Curious about your true love that got away?
It’s sounds cliché, but what will you regret not doing (or being) on your death bed? What is the thing you have put off doing because it never felt like the right time? What have you tried to forget that keeps haunting you? That. You don’t need to DO anything with it right now—just name it. Let it exist.
#3 All The Rage
This gets directly at that “trouble” theme above and it’s going around like wildfire these days as the temperatures soar high. Fires of change are igniting, almost like spontaneous combustion, as more and more people aren’t waiting to say or do the hard thing.

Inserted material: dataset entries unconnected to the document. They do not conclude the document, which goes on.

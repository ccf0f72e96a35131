-- ===== src/Fifo/Polled.antt =====
-- iMX287Learn/fifo/doc/fifoexa0: writefifo.c sends its argument through a named pipe, and
-- readfifo.c prints once a second what it finds there. Neither waits for the other. `none` is a
-- write or a read outside of an array. The line `no data yet` is left out.
pub mod Interface
pub mod Frames
pub mod Rounds
pub mod Due
pub mod Delivery
use linuxapp.Common.{
  ℕ, suc, ◌-◌, ltb, Bool, true, if◌then◌else◌, Option, none, some, ◌>>=◌, List, [], ◌∷◌, ◌++◌,
  length, drop,
}
use linuxapp.Common.CString.{c_string, zeros}
use linuxapp.Fifo.Polled.Interface.{NoWait}

-- The size of both buffers, and of each write and read.
abbrev pub buf_size : ℕ
buf_size = 100

-- `strcpy` of <string.h> into an array: the text and its end over the array's first characters.
unfoldable pub strcpy : List ℕ → List ℕ → Option (List ℕ)
strcpy array text =
    if ltb (length text) (length array)
    then some (text ++ 0 ∷ drop (suc (length text)) array)
    else none

-- What writefifo.c prints.
pub data Report : Type 0 where
  send_something not_been_read : Report
  wrote : List ℕ → Report

module _ (P : NoWait) where
  open P use {State}

  -- The write of writefifo.c, by whether its open found a reader, and what it prints then. Without
  -- a reader the write fails, since there is no descriptor.
  unfoldable pub write_buf : Bool → List ℕ → State → Option (Report × State)
  write_buf opened buf s = elim (if opened then P.write s buf else none) [
    | none ↦ some (not_been_read, s)
    | some (n, t) ↦ c_string buf >>= λ text. some (wrote text, t)
  ]

  -- `main` of writefifo.c, with its argument, if it has one, and what its array held.
  unfoldable pub write_main : Bool → Option (List ℕ) → List ℕ → State → Option (Report × State)
  unfolding strcpy write_buf
  write_main opened none w_buf s = some (send_something, s)
  write_main opened (some arg) w_buf s = strcpy w_buf arg >>= λ buf. write_buf opened buf s

  -- A round of readfifo.c's loop: what it prints of its buffer.
  unfoldable pub read_round : State → Option (List ℕ × State)
  read_round s = elim (P.read s buf_size) [
    | none ↦ c_string (zeros buf_size) >>= λ text. some (text, s)
    | some (bytes, t) ↦
        c_string (bytes ++ zeros (buf_size - length bytes)) >>= λ text. some (text, t)
  ]

  -- A reader, and any number of writers one after the other: what they have printed.
  pub record Sys : Type 0 where
    pub reading : Bool
    pub pipe : State
    pub said : List Report
    pub shown : List (List ℕ)

-- The reader opens the pipe, which succeeds, a writer runs, or the reader makes a round.
pub data Step : Type 0 where
  opens looks : Step
  sends : Option (List ℕ) → List ℕ → Step

module _ (P : NoWait) where
  unfoldable pub step : Step → Sys P → Option (Sys P)
  unfolding write_main read_round
  step opens z = some (record z { reading = true })
  step looks z =
      let round = read_round P z.pipe in
      if z.reading
      then (round >>= λ (text, t). some (record z { pipe = t; shown = z.shown ++ text ∷ [] }))
      else some z
  step (sends arg w_buf) z = write_main P z.reading arg w_buf z.pipe >>= λ (report, t).
      some (record z { pipe = t; said = z.said ++ report ∷ [] })

  unfoldable pub run : List Step → Sys P → Option (Sys P)
  unfolding step
  run [] z = some z
  run (st ∷ steps) z = step st z >>= λ z'. run steps z'
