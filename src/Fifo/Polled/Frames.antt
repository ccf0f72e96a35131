-- ===== src/Fifo/Polled/Frames.antt =====
-- What stands in the pipe of fifo/doc/fifoexa0: frames of a hundred bytes, each a text with its end
-- and what the writer's array held behind it.
use linuxapp.Common.{
  ℕ, suc, ◌<◌, some, List, [], ◌∷◌, ◌++◌, length, take, drop, ◌≡◌, refl, ap, ◌∙◌, arith, lt→ltb,
  take-append, drop-append, length-append, length-drop, map, sym,
}
use linuxapp.Common.CString.{IsText}
use linuxapp.Fifo.Polled.{buf_size, strcpy, Report, send_something, not_been_read, wrote}
use mathlib.Core.List.{append_assoc, append-nil}

pub record Frame : Type 0 where
  pub text : List ℕ
  pub rest : List ℕ

abbrev pub frame_bytes : Frame → List ℕ
frame_bytes f = f.text ++ 0 ∷ f.rest

abbrev pub frames_bytes : List Frame → List ℕ
frames_bytes [] = []
frames_bytes (f ∷ fs) = frame_bytes f ++ frames_bytes fs

abbrev pub IsFrame : Frame → Type 0
IsFrame f = IsText f.text × (length (frame_bytes f) ≡ buf_size)

abbrev pub texts : List Frame → List (List ℕ)
texts fs = map (λ f. f.text) fs

-- The texts that have a character.
abbrev pub nonempty : List (List ℕ) → List (List ℕ)
nonempty [] = []
nonempty ([] ∷ ts) = nonempty ts
nonempty ((c ∷ cs) ∷ ts) = (c ∷ cs) ∷ nonempty ts

-- The texts that the writers report as written.
abbrev pub written : List Report → List (List ℕ)
written [] = []
written (send_something ∷ rs) = written rs
written (not_been_read ∷ rs) = written rs
written (wrote text ∷ rs) = text ∷ written rs

pub nonempty-append : (ts us : List (List ℕ)) → nonempty (ts ++ us) ≡ nonempty ts ++ nonempty us
nonempty-append [] us = refl
nonempty-append ([] ∷ ts) us = nonempty-append ts us
nonempty-append ((c ∷ cs) ∷ ts) us = ap (◌∷◌ (c ∷ cs)) (nonempty-append ts us)

pub written-append : (rs qs : List Report) → written (rs ++ qs) ≡ written rs ++ written qs
written-append [] qs = refl
written-append (send_something ∷ rs) qs = written-append rs qs
written-append (not_been_read ∷ rs) qs = written-append rs qs
written-append (wrote text ∷ rs) qs = ap (◌∷◌ text) (written-append rs qs)

pub frames_bytes-append :
    (fs : List Frame) (f : Frame) → frames_bytes (fs ++ f ∷ []) ≡ frames_bytes fs ++ frame_bytes f
frames_bytes-append [] f = append-nil (frame_bytes f)
frames_bytes-append (g ∷ fs) f =
    ap (◌++◌ (frame_bytes g)) (frames_bytes-append fs f)
    ∙ sym (append_assoc (frame_bytes g) (frames_bytes fs) (frame_bytes f))

pub texts-append : (fs : List Frame) (f : Frame) → texts (fs ++ f ∷ []) ≡ texts fs ++ f.text ∷ []
texts-append [] f = refl
texts-append (g ∷ fs) f = ap (◌∷◌ g.text) (texts-append fs f)

pub take_first :
    (f : Frame) (bytes : List ℕ)
    → IsFrame f
    → take buf_size (frame_bytes f ++ bytes) ≡ frame_bytes f
take_first f bytes (t, whole) = rw (← whole) (take-append (frame_bytes f) bytes)

pub drop_first :
    (f : Frame) (bytes : List ℕ) → IsFrame f → drop buf_size (frame_bytes f ++ bytes) ≡ bytes
drop_first f bytes (t, whole) = rw (← whole) (drop-append (frame_bytes f) bytes)

-- What a writer sends.
abbrev pub frame_of : List ℕ → List ℕ → Frame
frame_of arg w_buf = record { text = arg; rest = drop (suc (length arg)) w_buf }

pub strcpy_lem :
    (arg w_buf : List ℕ)
    → length arg < buf_size
    → length w_buf ≡ buf_size
    → strcpy w_buf arg ≡ some (frame_bytes (frame_of arg w_buf))
unfolding strcpy
strcpy_lem arg w_buf short whole = rw whole (rw (lt→ltb (length arg) buf_size short) refl)

pub frame_of-IsFrame :
    (arg w_buf : List ℕ)
    → IsText arg
    → length arg < buf_size
    → length w_buf ≡ buf_size
    → IsFrame (frame_of arg w_buf)
frame_of-IsFrame arg w_buf text short whole = (
  text,
  omega (
    arith,
    length-append arg (0 ∷ drop (suc (length arg)) w_buf),
    length-drop (suc (length arg)) w_buf,
    whole,
    short,
  ),
)
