-- ===== src/Fifo/Polled/Rounds.antt =====
-- One run of the writer and one round of the reader over frames.
use linuxapp.Common.{
  ℕ, ◌-◌, ◌<◌, Bool, true, false, some, List, [], ◌++◌, length, take, drop, ◌≡◌, ◌⊎◌, refl, ap, ◌∙◌,
  sym, arith, inl, inr, length-append,
}
use mathlib.Core.List.{append-nil}
use linuxapp.Common.CString.{c_string, c_string_lem, IsText, zeros}
use linuxapp.Fifo.Polled.Interface.{NoWait, IsNoWait}
use linuxapp.Fifo.Polled.{buf_size, not_been_read, wrote, write_main, read_round, write_buf}
use linuxapp.Fifo.Polled.Frames.{
  Frame, frame_bytes, frames_bytes, IsFrame, frame_of, frame_of-IsFrame, strcpy_lem, take_first,
  drop_first,
}

empty_shown : c_string (zeros buf_size) ≡ some []
unfolding c_string IsText
empty_shown = c_string_lem [] (zeros 99) tt

module _ (P : NoWait) (laws : IsNoWait P) where
  open P use {State, contents}

  write_buf_lem :
      (f : Frame) (s : State)
      → IsFrame f
      → (write_buf P true (frame_bytes f) s ≡ some (not_been_read, s))
        ⊎ ((t : State) × (write_buf P true (frame_bytes f) s ≡ some (wrote f.text, t))
            × (contents t ≡ contents s ++ frame_bytes f))
  unfolding write_buf
  write_buf_lem f s (text, size) = elim (laws.sent s (frame_bytes f) (omega (arith, size))) [
    | inl refused ↦ inl (rw (refused, write_buf) refl)
    | inr (t, e, there) ↦
        inr (t, rw (e, write_buf) (rw (c_string_lem f.text f.rest text) refl), there)
  ]

  -- A writer's text stands in the pipe whole, or the writer says that it does not.
  pub write_main_lem :
      (reading : Bool) (arg w_buf : List ℕ) (s : State)
      → IsText arg
      → length arg < buf_size
      → length w_buf ≡ buf_size
      → (write_main P reading (some arg) w_buf s ≡ some (not_been_read, s))
        ⊎ ((t : State) × (reading ≡ true)
            × (write_main P reading (some arg) w_buf s ≡ some (wrote arg, t))
            × (contents t ≡ contents s ++ frame_bytes (frame_of arg w_buf)))
  unfolding write_main write_buf
  write_main_lem false arg w_buf s text short whole =
      inl (rw (strcpy_lem arg w_buf short whole) refl)
  write_main_lem true arg w_buf s text short whole =
      elim (write_buf_lem (frame_of arg w_buf) s (frame_of-IsFrame arg w_buf text short whole)) [
        | inl e ↦ inl (rw (strcpy_lem arg w_buf short whole) e)
        | inr (t, e, there) ↦ inr (t, refl, rw (strcpy_lem arg w_buf short whole) e, there)
      ]

  pub read_empty :
      (s : State)
      → contents s ≡ []
      → (t : State) × (read_round P s ≡ some ([], t)) × (contents t ≡ [])
  unfolding read_round
  read_empty s empty = elim (laws.nothing s buf_size empty) [
    | inl e ↦ (s, rw (e, read_round) (rw empty_shown refl), empty)
    | inr (t, e, still) ↦ (t, rw (e, read_round) (rw empty_shown refl), still)
  ]

  pub read_frame :
      (f : Frame) (fs : List Frame) (s : State)
      → IsFrame f
      → contents s ≡ frame_bytes f ++ frames_bytes fs
      → (t : State) × (read_round P s ≡ some (f.text, t)) × (contents t ≡ frames_bytes fs)
  unfolding read_round
  read_frame f fs s (text, whole) there =
      let long = length-append (frame_bytes f) (frames_bytes fs) in
      let (t, e, rest) = laws.taken s buf_size (rw there (omega (arith, long, whole))) in
      let got : take buf_size (contents s) ≡ frame_bytes f =
        ap (take buf_size) there ∙ take_first f (frames_bytes fs) (text, whole) in
      let left : contents t ≡ frames_bytes fs =
        rest ∙ ap (drop buf_size) there ∙ drop_first f (frames_bytes fs) (text, whole) in
      let shown : c_string (frame_bytes f ++ zeros (buf_size - length (frame_bytes f)))
          ≡ some f.text =
        rw whole (ap c_string (append-nil (frame_bytes f)) ∙ c_string_lem f.text f.rest text) in
      (t, rw (e, read_round) (rw got (rw shown refl)), left)

  -- On an empty pipe a writer is not refused, and the next round shows its text.
  pub heard_lem :
      (arg w_buf : List ℕ) (s : State)
      → IsText arg
      → length arg < buf_size
      → length w_buf ≡ buf_size
      → contents s ≡ []
      → (t : State) × (u : State) × (write_main P true (some arg) w_buf s ≡ some (wrote arg, t))
        × (read_round P t ≡ some (arg, u))
  unfolding write_main write_buf
  heard_lem arg w_buf s text short whole empty =
      let f = frame_of arg w_buf in
      let framed = frame_of-IsFrame arg w_buf text short whole in
      let (t, e, there) = laws.sent_first s (frame_bytes f) (omega (arith, framed.1)) empty in
      let (u, shows, _) = read_frame f [] t framed (there ∙ sym (append-nil (frame_bytes f))) in
      (
        t,
        u,
        rw (strcpy_lem arg w_buf short whole)
            (rw (e, write_buf) (rw (c_string_lem arg f.rest text) refl)),
        shows,
      )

Anger (righteous rage, really) is the most common topic that comes up in my sessions with clients—and it’s generally connected to a desire to be of service. Brittney Cooper writes about this very thing in her book, Eloquent Rage: “This is a book for women who know $hit is f*cked up.” That’s what I’m talking about—when the desire to create change meets a wall of resistance. Things are reaching a boiling point for many, and it’s not just because of the heat. So if you’re feeling (and saying) WTF a lot these days and you’re feeling kind of done with “the way it is”, know that you’re not alone. There is a tsumani of change that’s being created—in our relationship to work, our relationship to each other, and our relationship to the planet that holds us all—if you’re reading this, you’re probably a part of it.
Want to get cool with your anger?
Pick up Eloquent Rage: A Black Feminist Discovers Her Superpower by Brittney Cooper, and discover what Black women have been embodying for lifetimes that differs from white women and white feminism.